Ranitidine docusate (left), Propantheline toluenesulfonate (middle), and Propantheline acesulfamate (right).

CONTROLLED SOLUBILITY

While the elimination of polymorphism in an IL formulation of drug is a logical consequence, it is by far not the only potential advantage arising from use of the liquid state. Many Phase II trials of new active compounds end in failure due to their poor efficacy, often related to limited solubility (38). The design of the IL via the choice of the counterion can dramatically improve or decrease the solubility of the API (39,40). While most current salt approaches aim to increase solubility, ILs also offer the possibility of rendering an active less soluble, giving rise to hydrophobic liquid salts and new concentrated liquid delivery modes.

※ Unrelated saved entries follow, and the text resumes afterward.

-- ===== src/Faye/Handshake/Connected.antt =====
-- The state of a client that `HandshakeAndConnect` has connected.
use matrix_groupme_bridge.Prelude.{
  ℕ, ◌≡◌, String, Option, none, some, Ends, Ends-mono, Ends-continue,
}
use matrix_groupme_bridge.Faye.Transport.{Net}
use matrix_groupme_bridge.Faye.Client.{connected, Sys}
use matrix_groupme_bridge.Faye.Client.Stable.{Stable}
use matrix_groupme_bridge.Faye.Handshake.{after_handshake, handshake_and_connect, handshake}
use matrix_groupme_bridge.Faye.Handshake.Stable.{after_handshake-Keeps}
use matrix_groupme_bridge.Faye.Handshake.Success.{Success, handshake-Success}

module _ (net : Net) where
  abbrev pub IsOnline : Sys net → Type 0
  IsOnline u = u.client.state ≡ connected

  pub IsOnline-stable : Stable net IsOnline
  IsOnline-stable = record {
    counted = λ u msg h. h;
    elsewhere = λ u w h. h;
    advised = λ u a h. h;
    handed = λ u ms h. h;
    delivered = λ u c m h. h;
  }

  -- Where no error is returned the client is connected.
  abbrev pub Connected : Option String → Sys net → Type 0
  Connected none u = IsOnline u
  Connected (some e) u = Unit

  after_handshake-Connected :
      (e : Option String) (u : Sys net) → Success net e u → Ends Connected (after_handshake net e u)
  unfolding after_handshake
  after_handshake-Connected (some e) u h = tt
  after_handshake-Connected none u h =
      Ends-mono _ Connected _ only
        ((after_handshake-Keeps net IsOnline IsOnline-stable (λ s h. h) none).at u h.1.state)
    where
      only : (e : Option String) (v : Sys net) → IsOnline v → Connected e v
      only none v k = k
      only (some e) v k = tt

  pub handshake_and_connect-Connected :
      (fuel : ℕ) (s : Sys net) → Ends Connected (handshake_and_connect net fuel s)
  unfolding handshake_and_connect
  handshake_and_connect-Connected fuel s = Ends-continue Connected (handshake net fuel s) _ (
      Ends-mono (Success net) _ (handshake net fuel s) after_handshake-Connected
        (handshake-Success net fuel s))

Strongly hydrophilic ionic actives often possess insufficient ability to penetrate biological membranes (1). Combining such an active ion with another of a more lipophilic character may offer a solution to this problem. For example, lidocaine docusate, an IL form of the local surface anaesthetic lidocaine, combines the relatively hydrophobic lidocaine cation with a hydrophobic anion, docusate (an emollient), to produce a hydrophobic IL salt, which exhibits reduced or controlled water solubility (Fig. 3) and thus should exhibit extended residence time on the skin (41).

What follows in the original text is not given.